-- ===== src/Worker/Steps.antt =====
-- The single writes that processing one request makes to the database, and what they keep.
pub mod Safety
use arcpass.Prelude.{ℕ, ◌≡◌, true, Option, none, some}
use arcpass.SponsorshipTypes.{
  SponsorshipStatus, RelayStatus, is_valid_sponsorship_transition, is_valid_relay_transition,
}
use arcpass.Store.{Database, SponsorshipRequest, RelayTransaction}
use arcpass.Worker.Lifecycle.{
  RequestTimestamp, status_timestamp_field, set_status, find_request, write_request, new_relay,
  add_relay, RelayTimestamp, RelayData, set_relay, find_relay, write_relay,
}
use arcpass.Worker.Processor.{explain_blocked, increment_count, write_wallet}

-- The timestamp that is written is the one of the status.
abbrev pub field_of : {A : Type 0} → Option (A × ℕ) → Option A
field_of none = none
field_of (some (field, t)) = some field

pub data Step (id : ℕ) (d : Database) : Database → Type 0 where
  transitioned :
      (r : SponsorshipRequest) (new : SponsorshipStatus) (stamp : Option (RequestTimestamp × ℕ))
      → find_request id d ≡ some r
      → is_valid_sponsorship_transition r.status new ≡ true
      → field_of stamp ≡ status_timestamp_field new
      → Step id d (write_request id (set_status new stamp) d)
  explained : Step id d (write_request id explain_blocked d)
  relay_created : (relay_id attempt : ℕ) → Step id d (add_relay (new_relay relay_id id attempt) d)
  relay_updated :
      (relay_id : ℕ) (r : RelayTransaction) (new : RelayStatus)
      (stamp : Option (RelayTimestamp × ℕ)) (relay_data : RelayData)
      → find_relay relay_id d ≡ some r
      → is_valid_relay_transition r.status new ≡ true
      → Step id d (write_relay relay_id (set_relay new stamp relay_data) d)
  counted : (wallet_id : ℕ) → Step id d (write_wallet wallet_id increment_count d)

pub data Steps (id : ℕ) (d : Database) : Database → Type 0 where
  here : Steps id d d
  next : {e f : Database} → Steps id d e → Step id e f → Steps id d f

* * *

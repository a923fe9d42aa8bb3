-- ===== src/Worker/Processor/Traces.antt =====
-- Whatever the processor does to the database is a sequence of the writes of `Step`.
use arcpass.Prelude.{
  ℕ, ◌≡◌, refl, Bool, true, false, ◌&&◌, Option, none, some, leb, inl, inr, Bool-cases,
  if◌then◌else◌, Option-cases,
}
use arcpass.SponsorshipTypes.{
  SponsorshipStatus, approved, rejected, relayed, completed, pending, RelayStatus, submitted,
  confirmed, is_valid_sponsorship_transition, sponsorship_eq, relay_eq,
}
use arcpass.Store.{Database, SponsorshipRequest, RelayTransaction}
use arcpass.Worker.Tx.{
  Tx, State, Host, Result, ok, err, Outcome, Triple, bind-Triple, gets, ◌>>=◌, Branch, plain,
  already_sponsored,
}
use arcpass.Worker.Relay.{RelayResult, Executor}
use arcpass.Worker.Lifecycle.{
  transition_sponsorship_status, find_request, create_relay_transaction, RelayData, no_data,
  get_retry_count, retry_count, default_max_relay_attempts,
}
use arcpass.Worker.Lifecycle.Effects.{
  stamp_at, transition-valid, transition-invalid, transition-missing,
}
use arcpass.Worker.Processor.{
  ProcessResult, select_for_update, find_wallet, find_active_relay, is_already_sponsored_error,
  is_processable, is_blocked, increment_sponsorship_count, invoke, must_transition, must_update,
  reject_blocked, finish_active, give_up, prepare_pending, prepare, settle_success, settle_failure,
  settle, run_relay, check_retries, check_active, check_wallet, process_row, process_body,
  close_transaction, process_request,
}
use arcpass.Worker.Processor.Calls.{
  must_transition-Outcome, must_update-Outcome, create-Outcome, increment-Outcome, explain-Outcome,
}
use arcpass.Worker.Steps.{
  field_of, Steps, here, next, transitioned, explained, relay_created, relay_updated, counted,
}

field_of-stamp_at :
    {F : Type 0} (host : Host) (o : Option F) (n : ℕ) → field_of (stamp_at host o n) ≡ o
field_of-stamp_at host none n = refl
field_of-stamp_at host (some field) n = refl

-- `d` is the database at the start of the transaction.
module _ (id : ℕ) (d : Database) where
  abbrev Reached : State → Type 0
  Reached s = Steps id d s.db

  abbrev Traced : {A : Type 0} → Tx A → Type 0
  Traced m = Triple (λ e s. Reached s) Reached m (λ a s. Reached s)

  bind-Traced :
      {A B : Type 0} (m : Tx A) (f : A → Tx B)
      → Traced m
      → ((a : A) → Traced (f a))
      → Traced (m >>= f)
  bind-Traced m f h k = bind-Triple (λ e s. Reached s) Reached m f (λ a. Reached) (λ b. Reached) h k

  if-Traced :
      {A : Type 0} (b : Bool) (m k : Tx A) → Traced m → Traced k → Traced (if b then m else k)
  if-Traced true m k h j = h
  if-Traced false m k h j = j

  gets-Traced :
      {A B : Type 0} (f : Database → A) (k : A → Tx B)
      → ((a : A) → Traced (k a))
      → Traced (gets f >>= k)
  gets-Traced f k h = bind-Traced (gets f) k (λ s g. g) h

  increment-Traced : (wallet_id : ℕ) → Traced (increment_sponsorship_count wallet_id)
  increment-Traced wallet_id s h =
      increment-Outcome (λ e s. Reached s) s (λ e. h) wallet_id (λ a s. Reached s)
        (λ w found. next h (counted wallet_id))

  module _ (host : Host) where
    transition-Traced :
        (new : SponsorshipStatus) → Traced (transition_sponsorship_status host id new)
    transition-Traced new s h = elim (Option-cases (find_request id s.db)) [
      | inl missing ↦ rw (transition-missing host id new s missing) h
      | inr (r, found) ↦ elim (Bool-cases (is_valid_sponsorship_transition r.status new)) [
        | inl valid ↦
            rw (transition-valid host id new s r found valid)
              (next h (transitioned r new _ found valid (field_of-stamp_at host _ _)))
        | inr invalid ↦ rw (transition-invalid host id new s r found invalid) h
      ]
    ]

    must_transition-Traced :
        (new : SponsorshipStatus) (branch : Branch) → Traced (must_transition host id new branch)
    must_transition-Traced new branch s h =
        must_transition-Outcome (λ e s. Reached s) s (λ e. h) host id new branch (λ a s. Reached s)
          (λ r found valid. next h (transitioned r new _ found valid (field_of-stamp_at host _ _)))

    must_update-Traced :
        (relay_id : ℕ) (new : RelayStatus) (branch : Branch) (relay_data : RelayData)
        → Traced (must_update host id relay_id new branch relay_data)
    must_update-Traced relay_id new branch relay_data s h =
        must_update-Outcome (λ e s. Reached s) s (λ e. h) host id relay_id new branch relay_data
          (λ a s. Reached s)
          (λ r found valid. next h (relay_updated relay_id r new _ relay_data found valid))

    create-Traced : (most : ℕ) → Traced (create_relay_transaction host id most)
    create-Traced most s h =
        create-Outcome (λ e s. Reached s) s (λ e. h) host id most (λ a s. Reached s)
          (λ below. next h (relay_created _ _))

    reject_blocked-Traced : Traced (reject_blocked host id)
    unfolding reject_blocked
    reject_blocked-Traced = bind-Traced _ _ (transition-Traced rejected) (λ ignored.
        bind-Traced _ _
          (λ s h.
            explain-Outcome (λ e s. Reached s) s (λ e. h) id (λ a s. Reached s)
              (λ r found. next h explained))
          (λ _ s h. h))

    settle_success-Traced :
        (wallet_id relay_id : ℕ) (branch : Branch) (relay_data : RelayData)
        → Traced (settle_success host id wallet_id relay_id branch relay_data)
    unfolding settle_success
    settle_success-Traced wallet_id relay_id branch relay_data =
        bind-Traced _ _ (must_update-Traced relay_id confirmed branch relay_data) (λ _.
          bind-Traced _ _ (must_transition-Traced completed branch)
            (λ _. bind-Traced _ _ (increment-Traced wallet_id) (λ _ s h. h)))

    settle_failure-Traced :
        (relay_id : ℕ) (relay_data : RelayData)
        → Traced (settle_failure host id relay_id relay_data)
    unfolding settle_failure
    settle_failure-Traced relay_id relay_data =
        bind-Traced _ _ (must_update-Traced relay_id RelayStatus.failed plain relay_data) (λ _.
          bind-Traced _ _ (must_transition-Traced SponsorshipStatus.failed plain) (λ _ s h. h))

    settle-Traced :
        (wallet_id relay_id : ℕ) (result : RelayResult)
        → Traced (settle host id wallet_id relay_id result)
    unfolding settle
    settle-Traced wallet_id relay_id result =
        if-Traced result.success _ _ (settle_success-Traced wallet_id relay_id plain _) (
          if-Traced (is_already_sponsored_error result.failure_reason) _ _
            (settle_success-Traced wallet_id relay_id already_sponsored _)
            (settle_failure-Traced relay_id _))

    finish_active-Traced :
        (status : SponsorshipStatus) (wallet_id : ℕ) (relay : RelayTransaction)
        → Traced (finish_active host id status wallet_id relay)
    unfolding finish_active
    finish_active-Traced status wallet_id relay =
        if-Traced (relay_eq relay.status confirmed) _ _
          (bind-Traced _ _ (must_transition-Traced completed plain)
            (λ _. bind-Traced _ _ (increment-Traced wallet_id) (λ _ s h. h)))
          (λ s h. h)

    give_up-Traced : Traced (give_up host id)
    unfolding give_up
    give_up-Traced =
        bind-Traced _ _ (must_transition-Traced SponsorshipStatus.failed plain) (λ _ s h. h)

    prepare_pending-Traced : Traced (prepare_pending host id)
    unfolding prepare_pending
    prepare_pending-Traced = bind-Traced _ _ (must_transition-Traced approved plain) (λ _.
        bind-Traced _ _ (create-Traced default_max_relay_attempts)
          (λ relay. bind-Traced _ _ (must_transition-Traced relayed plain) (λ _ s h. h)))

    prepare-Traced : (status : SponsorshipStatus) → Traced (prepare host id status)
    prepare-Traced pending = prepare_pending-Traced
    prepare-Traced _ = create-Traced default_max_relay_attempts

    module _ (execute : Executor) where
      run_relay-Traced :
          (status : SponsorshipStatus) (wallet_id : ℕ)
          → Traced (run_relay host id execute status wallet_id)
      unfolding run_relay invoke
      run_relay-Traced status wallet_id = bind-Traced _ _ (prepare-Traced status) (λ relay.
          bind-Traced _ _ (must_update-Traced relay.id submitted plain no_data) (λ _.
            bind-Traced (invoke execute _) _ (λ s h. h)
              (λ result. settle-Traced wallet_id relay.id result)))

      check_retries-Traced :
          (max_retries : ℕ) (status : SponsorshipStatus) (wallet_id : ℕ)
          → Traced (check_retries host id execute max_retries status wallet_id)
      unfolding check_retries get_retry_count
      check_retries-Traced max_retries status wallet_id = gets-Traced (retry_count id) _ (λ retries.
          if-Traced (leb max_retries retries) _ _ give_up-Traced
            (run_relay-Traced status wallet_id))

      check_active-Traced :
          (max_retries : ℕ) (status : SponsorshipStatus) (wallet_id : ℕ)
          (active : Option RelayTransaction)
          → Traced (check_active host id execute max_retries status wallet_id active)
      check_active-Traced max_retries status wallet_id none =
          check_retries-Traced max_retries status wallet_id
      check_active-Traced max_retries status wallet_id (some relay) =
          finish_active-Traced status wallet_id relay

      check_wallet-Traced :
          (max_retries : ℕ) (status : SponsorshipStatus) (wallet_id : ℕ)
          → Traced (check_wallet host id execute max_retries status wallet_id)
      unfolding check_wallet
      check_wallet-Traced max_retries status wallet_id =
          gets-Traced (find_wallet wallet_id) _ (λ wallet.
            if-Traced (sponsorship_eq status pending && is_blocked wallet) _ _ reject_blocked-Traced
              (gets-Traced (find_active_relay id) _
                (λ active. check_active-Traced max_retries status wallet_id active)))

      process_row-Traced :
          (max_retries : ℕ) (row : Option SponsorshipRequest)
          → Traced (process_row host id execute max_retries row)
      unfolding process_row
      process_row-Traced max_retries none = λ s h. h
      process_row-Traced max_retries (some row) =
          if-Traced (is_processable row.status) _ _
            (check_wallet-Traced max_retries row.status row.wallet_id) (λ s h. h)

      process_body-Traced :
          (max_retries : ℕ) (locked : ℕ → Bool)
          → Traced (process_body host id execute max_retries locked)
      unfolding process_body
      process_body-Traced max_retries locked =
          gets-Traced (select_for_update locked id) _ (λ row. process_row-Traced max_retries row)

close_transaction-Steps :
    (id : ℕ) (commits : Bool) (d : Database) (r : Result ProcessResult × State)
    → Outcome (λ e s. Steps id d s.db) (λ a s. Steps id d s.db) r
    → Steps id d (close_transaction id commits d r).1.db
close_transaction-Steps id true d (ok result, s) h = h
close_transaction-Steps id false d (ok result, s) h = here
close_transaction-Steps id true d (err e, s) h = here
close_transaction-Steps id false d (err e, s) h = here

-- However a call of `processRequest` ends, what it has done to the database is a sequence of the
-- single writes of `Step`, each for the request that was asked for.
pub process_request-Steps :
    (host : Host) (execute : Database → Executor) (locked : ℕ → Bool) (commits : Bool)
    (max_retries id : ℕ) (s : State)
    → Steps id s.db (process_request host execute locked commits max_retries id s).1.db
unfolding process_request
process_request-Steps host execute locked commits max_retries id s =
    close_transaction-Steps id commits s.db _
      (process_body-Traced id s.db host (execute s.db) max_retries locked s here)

--

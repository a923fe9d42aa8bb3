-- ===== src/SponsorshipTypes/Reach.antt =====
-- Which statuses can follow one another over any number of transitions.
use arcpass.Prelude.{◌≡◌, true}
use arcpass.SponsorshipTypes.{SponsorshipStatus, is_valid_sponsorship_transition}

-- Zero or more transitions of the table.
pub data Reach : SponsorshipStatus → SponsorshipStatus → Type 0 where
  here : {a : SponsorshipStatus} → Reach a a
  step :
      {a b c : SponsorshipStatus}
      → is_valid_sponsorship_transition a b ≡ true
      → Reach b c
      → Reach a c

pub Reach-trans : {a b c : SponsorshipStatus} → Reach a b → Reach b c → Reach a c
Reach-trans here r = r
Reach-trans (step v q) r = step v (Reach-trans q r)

_ABOUT THIS TASK_
Copy out only the lines above from the one with "-- Which statuses" to the one with "pub data Reach", inclusive, exactly as they stand.

_SOLUTION TO THIS TASK_
-- Which statuses can follow one another over any number of transitions.
use arcpass.Prelude.{◌≡◌, true}
use arcpass.SponsorshipTypes.{SponsorshipStatus, is_valid_sponsorship_transition}

-- Zero or more transitions of the table.
pub data Reach : SponsorshipStatus → SponsorshipStatus → Type 0 where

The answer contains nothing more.